▶ WORK TASK
Tally the lines in the data below where the word "MockClients" appears, and give the tally alone.

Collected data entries

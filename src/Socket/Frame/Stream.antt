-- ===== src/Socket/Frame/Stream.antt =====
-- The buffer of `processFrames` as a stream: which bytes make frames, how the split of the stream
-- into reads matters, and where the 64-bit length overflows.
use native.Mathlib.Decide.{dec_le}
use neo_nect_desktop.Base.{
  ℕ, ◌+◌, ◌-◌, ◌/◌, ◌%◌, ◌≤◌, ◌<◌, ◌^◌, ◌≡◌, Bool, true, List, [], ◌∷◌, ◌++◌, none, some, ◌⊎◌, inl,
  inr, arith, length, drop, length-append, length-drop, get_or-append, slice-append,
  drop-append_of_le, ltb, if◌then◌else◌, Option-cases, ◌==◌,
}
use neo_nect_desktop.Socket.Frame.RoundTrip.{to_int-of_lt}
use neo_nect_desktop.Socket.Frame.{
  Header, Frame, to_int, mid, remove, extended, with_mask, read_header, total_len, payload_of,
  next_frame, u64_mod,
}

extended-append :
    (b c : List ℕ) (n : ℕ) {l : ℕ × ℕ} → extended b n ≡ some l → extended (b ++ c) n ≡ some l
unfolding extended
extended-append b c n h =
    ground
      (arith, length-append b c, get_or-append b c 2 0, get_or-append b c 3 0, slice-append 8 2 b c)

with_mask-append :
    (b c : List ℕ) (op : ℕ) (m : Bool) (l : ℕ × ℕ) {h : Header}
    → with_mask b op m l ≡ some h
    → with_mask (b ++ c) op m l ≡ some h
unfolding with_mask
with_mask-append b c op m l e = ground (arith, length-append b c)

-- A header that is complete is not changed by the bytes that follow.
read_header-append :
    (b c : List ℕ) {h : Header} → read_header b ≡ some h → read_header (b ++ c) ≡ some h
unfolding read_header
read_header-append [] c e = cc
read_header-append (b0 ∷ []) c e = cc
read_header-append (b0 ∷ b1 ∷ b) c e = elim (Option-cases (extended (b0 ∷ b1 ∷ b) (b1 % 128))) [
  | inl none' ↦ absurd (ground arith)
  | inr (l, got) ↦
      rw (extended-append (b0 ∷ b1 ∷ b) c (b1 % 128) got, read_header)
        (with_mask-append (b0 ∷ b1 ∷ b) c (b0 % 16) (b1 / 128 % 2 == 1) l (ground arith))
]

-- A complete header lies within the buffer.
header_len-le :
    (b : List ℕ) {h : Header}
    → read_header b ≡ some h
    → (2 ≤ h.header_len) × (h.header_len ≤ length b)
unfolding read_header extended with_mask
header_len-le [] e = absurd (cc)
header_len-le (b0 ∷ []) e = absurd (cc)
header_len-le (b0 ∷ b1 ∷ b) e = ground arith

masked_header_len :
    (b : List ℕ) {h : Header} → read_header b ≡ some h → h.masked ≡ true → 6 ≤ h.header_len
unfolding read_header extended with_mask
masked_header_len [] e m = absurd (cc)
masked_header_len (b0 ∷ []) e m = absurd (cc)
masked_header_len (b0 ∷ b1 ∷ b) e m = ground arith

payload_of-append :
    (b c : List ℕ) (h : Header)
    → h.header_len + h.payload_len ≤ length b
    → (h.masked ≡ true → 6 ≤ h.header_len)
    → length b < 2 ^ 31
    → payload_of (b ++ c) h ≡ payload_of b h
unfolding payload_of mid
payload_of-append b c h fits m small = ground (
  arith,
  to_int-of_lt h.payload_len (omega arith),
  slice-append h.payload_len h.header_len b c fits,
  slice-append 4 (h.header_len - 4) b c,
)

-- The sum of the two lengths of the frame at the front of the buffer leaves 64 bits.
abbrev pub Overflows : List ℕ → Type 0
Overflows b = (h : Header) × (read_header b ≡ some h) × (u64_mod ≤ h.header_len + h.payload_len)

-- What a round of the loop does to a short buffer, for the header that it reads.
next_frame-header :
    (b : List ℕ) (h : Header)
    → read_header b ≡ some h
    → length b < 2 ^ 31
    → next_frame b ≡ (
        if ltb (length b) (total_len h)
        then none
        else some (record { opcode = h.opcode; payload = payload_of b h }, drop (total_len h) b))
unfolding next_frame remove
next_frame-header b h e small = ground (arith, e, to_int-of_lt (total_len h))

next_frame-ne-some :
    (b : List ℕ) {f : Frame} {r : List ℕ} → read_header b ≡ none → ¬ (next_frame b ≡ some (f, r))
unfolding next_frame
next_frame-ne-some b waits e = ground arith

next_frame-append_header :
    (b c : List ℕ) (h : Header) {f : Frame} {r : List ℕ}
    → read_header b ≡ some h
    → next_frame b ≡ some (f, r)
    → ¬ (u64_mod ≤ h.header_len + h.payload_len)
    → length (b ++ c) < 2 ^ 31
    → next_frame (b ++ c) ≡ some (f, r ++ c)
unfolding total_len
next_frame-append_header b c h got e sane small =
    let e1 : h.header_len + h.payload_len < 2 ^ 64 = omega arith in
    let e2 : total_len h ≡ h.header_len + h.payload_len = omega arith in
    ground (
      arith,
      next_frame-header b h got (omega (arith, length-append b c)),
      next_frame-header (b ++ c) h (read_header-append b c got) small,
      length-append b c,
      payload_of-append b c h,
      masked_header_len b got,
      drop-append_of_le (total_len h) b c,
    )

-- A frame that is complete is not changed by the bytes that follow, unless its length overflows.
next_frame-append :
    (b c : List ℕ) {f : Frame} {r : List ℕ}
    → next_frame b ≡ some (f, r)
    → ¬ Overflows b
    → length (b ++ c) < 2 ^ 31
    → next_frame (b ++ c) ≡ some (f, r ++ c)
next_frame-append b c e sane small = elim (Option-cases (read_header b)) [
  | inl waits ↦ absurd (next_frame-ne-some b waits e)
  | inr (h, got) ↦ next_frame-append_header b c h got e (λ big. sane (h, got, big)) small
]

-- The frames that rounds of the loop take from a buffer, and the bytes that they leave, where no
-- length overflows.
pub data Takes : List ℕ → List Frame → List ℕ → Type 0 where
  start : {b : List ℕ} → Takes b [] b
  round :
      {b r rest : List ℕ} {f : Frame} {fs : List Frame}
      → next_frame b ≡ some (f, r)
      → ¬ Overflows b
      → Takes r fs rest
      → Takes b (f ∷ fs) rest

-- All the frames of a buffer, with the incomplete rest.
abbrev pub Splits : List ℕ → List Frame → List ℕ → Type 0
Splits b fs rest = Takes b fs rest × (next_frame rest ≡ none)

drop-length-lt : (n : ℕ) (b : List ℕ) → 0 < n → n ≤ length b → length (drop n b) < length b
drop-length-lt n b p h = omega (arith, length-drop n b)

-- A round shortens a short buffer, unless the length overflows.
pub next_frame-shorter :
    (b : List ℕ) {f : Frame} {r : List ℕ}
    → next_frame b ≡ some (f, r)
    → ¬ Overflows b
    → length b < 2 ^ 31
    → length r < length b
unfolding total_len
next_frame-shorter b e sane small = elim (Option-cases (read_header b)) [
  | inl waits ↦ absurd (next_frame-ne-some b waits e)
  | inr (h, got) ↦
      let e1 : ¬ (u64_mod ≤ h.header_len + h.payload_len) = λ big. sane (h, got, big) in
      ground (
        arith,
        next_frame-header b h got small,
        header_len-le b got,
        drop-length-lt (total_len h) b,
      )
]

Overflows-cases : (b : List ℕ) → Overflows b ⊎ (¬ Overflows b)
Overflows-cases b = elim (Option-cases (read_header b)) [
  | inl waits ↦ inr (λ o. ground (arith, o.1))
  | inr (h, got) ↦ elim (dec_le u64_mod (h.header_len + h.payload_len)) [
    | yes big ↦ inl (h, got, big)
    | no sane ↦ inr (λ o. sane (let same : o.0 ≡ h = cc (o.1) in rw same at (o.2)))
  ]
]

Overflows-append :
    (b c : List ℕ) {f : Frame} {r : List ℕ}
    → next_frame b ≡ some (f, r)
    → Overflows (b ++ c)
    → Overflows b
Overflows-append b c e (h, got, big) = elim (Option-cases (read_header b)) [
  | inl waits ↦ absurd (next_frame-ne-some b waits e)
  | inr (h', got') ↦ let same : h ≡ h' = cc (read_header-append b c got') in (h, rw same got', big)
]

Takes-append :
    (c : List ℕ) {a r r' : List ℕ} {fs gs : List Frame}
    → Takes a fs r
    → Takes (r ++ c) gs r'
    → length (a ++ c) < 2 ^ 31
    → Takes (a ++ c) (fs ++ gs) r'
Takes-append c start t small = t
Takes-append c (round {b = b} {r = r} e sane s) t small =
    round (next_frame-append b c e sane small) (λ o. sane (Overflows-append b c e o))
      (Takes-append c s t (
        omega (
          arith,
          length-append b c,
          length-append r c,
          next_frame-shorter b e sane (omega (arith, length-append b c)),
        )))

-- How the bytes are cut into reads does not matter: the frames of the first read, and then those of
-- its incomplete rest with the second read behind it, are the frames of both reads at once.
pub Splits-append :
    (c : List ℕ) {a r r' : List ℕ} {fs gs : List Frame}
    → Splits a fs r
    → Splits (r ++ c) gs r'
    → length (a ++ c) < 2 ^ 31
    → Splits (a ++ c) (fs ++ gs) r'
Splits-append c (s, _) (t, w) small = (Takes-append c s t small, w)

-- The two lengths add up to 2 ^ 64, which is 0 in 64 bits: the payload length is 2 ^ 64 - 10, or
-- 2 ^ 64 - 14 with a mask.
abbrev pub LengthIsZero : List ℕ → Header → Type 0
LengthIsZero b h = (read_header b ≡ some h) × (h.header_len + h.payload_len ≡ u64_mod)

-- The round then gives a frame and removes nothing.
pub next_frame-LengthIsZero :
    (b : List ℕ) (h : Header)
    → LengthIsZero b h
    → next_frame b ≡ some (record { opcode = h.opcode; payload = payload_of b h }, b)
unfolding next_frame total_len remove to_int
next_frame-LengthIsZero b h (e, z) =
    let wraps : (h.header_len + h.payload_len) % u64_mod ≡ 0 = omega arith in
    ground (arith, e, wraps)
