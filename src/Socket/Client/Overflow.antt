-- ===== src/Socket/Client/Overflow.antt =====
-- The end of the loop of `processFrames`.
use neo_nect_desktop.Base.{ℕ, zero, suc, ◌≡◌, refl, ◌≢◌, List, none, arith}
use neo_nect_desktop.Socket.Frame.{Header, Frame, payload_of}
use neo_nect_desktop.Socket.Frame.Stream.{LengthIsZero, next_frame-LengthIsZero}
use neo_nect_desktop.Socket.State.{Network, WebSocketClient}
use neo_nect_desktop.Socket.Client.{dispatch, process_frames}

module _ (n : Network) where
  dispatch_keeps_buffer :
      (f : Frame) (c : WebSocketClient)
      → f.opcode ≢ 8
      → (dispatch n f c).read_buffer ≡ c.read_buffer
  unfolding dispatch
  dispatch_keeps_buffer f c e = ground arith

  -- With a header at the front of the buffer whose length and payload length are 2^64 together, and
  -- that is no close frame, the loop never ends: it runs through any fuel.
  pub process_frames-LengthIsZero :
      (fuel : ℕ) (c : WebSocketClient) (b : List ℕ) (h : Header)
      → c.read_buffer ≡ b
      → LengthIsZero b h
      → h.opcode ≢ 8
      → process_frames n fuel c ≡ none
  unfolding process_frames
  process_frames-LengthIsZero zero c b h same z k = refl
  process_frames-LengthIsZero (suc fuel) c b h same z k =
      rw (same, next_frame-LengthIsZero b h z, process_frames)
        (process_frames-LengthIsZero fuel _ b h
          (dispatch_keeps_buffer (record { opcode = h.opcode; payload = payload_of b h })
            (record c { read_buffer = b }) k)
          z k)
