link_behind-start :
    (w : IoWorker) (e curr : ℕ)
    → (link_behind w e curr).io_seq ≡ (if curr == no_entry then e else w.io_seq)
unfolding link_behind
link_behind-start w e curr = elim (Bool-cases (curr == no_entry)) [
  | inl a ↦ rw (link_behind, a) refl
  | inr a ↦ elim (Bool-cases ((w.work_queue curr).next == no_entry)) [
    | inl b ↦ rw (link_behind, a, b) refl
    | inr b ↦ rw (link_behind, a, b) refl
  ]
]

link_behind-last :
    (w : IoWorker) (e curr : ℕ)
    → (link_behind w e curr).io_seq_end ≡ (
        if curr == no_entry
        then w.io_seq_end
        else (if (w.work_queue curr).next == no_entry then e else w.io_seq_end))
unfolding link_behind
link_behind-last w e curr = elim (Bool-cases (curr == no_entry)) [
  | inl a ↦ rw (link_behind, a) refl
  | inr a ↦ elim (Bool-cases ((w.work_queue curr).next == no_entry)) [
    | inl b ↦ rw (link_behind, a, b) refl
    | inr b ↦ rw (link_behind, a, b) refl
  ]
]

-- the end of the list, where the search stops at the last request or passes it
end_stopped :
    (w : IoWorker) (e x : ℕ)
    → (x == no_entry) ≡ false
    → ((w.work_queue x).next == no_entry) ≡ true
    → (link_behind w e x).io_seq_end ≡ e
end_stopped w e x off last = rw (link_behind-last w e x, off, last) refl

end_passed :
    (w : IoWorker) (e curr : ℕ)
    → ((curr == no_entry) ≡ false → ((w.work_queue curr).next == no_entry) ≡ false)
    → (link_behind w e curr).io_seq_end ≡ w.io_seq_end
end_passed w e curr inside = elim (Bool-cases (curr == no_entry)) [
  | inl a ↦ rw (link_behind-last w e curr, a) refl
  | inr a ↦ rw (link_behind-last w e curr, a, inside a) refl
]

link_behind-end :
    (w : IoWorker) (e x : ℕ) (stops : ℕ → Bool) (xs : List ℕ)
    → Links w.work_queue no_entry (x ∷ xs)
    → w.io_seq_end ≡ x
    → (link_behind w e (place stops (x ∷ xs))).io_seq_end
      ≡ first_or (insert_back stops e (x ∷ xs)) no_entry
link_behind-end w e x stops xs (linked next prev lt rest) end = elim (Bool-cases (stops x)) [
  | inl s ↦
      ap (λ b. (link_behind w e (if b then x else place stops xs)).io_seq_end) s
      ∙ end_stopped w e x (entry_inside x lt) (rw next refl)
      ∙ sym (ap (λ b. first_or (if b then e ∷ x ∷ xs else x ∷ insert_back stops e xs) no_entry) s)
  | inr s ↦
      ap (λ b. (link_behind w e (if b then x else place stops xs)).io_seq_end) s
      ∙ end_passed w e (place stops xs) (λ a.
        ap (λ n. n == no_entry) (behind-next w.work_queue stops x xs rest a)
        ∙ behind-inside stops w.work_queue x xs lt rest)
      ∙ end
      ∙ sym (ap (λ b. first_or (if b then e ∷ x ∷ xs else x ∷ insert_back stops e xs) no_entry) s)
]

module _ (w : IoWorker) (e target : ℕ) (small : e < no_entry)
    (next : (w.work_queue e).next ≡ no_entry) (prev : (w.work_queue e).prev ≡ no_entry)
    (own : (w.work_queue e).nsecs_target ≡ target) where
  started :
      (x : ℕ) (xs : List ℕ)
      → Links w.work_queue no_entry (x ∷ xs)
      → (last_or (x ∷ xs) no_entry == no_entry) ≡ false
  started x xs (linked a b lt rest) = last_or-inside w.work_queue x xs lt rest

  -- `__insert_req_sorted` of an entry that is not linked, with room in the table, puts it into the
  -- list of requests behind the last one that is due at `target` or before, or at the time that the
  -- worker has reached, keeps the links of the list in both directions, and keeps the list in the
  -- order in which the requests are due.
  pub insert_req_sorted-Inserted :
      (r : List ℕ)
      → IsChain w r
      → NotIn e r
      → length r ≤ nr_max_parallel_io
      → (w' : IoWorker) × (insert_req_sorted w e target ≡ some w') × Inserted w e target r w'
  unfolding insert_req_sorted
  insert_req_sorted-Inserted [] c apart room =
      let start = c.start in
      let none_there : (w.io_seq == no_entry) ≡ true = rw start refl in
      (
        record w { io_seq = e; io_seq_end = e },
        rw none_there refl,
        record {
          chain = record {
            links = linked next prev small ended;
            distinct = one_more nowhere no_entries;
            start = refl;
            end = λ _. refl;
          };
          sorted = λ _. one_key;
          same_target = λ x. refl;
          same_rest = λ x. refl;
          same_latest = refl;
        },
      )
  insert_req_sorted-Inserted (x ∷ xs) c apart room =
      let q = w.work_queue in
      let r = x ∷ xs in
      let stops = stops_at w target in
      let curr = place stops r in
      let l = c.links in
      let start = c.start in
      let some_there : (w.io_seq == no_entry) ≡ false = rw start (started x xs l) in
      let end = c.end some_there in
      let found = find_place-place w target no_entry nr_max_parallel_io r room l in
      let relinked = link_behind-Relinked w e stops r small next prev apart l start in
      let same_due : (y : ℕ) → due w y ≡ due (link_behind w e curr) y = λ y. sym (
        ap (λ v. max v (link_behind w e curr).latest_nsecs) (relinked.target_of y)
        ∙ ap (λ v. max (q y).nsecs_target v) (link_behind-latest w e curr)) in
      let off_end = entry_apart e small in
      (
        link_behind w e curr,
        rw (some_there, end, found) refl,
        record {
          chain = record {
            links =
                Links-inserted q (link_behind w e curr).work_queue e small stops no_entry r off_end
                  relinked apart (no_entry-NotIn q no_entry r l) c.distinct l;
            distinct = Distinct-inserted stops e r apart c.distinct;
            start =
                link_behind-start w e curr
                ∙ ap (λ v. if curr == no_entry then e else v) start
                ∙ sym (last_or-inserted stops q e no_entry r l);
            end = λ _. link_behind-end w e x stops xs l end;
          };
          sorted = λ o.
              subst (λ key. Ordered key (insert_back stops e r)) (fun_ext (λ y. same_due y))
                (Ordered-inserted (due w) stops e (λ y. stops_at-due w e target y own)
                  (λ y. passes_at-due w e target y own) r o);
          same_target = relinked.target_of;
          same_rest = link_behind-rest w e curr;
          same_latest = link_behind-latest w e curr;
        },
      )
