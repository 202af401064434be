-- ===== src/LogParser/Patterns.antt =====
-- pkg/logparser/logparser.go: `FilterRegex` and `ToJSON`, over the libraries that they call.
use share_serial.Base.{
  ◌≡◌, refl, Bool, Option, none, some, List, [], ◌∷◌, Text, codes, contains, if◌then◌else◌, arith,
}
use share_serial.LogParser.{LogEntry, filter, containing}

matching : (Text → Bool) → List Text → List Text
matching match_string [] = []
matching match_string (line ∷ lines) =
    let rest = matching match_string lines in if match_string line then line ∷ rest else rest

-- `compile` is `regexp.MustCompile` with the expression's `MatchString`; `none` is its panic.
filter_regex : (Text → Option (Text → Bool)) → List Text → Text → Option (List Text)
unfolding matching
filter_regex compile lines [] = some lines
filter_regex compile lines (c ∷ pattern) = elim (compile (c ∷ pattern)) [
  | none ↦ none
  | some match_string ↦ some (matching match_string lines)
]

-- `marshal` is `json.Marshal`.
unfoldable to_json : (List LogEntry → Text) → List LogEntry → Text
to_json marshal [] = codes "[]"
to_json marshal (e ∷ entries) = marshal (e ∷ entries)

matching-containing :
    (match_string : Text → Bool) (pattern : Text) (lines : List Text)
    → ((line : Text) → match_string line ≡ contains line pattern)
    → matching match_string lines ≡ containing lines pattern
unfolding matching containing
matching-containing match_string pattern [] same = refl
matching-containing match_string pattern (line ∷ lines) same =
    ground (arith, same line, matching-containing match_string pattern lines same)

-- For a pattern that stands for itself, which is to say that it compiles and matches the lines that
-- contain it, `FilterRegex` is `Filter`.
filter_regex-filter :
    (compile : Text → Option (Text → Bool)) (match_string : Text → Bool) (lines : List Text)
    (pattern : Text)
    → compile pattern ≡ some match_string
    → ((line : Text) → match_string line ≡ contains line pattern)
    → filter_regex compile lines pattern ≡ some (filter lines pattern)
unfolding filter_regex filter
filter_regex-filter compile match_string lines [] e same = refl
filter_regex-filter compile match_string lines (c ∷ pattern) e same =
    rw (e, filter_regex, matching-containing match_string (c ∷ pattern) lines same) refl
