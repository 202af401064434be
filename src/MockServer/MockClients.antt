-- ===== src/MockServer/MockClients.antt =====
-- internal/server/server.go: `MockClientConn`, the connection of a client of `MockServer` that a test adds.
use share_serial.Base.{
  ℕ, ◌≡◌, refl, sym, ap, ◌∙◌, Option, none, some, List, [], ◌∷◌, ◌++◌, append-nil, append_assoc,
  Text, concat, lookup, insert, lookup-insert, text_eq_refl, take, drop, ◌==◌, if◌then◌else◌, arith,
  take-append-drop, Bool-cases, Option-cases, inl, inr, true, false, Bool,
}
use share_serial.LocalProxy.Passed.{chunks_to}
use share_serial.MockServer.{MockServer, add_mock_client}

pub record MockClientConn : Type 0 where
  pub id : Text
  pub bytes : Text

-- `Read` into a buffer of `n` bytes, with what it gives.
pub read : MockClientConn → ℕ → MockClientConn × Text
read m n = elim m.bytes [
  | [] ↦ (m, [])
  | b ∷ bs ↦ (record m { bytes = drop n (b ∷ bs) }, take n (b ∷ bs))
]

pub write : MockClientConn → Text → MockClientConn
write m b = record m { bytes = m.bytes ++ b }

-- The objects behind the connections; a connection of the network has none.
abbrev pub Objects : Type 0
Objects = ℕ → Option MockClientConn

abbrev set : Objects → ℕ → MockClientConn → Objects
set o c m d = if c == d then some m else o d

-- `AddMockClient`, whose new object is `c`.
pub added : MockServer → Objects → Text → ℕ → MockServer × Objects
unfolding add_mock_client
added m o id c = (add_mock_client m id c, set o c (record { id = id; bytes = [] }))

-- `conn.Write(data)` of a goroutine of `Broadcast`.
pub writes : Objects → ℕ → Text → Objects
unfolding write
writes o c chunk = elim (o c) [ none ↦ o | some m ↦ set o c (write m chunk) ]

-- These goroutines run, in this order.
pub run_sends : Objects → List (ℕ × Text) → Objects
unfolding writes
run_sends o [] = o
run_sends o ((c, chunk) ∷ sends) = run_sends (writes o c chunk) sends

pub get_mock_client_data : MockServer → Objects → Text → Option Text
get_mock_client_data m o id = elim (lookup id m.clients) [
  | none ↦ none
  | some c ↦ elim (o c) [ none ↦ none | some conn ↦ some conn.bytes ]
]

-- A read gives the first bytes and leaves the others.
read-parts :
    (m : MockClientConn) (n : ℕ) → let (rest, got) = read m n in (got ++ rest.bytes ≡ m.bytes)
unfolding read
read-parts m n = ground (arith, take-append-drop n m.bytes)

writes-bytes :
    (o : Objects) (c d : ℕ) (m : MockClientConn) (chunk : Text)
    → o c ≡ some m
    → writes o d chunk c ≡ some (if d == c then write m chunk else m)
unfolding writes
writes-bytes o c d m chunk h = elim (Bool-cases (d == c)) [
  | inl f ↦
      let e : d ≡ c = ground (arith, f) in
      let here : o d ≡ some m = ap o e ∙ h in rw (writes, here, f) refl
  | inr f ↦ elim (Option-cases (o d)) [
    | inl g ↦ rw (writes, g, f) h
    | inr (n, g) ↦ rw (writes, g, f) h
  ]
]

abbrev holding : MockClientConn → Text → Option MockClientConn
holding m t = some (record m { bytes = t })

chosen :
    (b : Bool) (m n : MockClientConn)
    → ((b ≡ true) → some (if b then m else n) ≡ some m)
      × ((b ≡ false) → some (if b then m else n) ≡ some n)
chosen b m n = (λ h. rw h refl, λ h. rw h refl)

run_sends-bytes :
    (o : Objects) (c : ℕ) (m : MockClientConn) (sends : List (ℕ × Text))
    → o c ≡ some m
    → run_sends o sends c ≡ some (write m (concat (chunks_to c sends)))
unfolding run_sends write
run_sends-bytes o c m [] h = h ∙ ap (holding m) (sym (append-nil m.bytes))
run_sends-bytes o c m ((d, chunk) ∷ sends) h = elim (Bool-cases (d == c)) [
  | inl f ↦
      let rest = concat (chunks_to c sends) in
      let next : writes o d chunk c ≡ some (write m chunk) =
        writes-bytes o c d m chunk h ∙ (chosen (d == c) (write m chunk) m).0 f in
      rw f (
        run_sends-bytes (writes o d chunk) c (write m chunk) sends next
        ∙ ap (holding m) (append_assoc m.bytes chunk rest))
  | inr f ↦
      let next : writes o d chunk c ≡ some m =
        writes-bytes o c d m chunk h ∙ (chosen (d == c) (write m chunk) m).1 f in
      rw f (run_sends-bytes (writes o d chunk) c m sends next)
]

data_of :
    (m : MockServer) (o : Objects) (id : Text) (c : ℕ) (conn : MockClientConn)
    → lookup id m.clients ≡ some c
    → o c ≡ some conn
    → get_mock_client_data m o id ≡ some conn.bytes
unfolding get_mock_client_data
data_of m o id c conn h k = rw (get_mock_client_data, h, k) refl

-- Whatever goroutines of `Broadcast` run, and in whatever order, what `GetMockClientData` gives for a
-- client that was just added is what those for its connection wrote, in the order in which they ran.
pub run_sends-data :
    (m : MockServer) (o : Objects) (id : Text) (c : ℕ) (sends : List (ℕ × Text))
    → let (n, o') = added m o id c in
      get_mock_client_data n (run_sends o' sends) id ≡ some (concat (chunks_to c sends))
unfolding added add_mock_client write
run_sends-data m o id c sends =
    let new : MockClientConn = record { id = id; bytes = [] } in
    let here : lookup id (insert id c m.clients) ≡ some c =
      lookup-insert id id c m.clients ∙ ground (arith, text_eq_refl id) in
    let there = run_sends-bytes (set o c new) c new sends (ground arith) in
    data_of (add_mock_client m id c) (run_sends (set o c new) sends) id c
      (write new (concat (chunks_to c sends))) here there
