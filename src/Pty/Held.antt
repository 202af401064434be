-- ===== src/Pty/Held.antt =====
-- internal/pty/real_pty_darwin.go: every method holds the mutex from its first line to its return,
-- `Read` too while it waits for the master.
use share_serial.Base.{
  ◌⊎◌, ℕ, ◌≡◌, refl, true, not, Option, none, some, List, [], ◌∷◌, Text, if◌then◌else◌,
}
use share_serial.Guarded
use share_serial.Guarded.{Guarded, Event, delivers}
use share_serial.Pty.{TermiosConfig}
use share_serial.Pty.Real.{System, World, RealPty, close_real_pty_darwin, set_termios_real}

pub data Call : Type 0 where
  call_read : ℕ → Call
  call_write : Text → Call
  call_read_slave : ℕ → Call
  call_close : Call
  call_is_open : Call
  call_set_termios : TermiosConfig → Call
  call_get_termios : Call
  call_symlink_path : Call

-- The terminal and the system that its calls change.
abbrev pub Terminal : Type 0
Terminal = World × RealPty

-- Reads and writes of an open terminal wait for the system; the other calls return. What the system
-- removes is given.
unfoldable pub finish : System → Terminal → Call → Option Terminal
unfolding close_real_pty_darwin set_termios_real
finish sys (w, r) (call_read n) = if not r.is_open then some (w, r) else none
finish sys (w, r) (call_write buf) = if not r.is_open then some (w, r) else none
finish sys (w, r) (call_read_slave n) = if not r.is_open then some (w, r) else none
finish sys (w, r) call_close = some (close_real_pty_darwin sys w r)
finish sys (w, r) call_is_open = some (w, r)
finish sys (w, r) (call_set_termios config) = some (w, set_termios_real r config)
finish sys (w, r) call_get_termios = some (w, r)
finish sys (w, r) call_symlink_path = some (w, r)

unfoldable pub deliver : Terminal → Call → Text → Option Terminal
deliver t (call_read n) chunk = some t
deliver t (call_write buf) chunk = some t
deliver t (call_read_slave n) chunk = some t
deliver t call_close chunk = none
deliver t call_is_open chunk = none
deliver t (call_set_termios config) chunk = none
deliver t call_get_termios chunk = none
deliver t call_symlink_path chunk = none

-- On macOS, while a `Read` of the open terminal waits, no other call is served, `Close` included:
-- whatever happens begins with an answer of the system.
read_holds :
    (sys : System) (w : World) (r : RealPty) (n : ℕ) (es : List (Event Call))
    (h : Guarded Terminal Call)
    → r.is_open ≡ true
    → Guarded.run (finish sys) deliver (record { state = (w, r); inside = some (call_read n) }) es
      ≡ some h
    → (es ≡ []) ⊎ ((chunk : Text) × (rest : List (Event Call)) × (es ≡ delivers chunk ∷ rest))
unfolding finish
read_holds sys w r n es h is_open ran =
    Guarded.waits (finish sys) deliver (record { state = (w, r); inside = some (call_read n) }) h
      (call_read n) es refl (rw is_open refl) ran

▶ ANSWER SPACE
2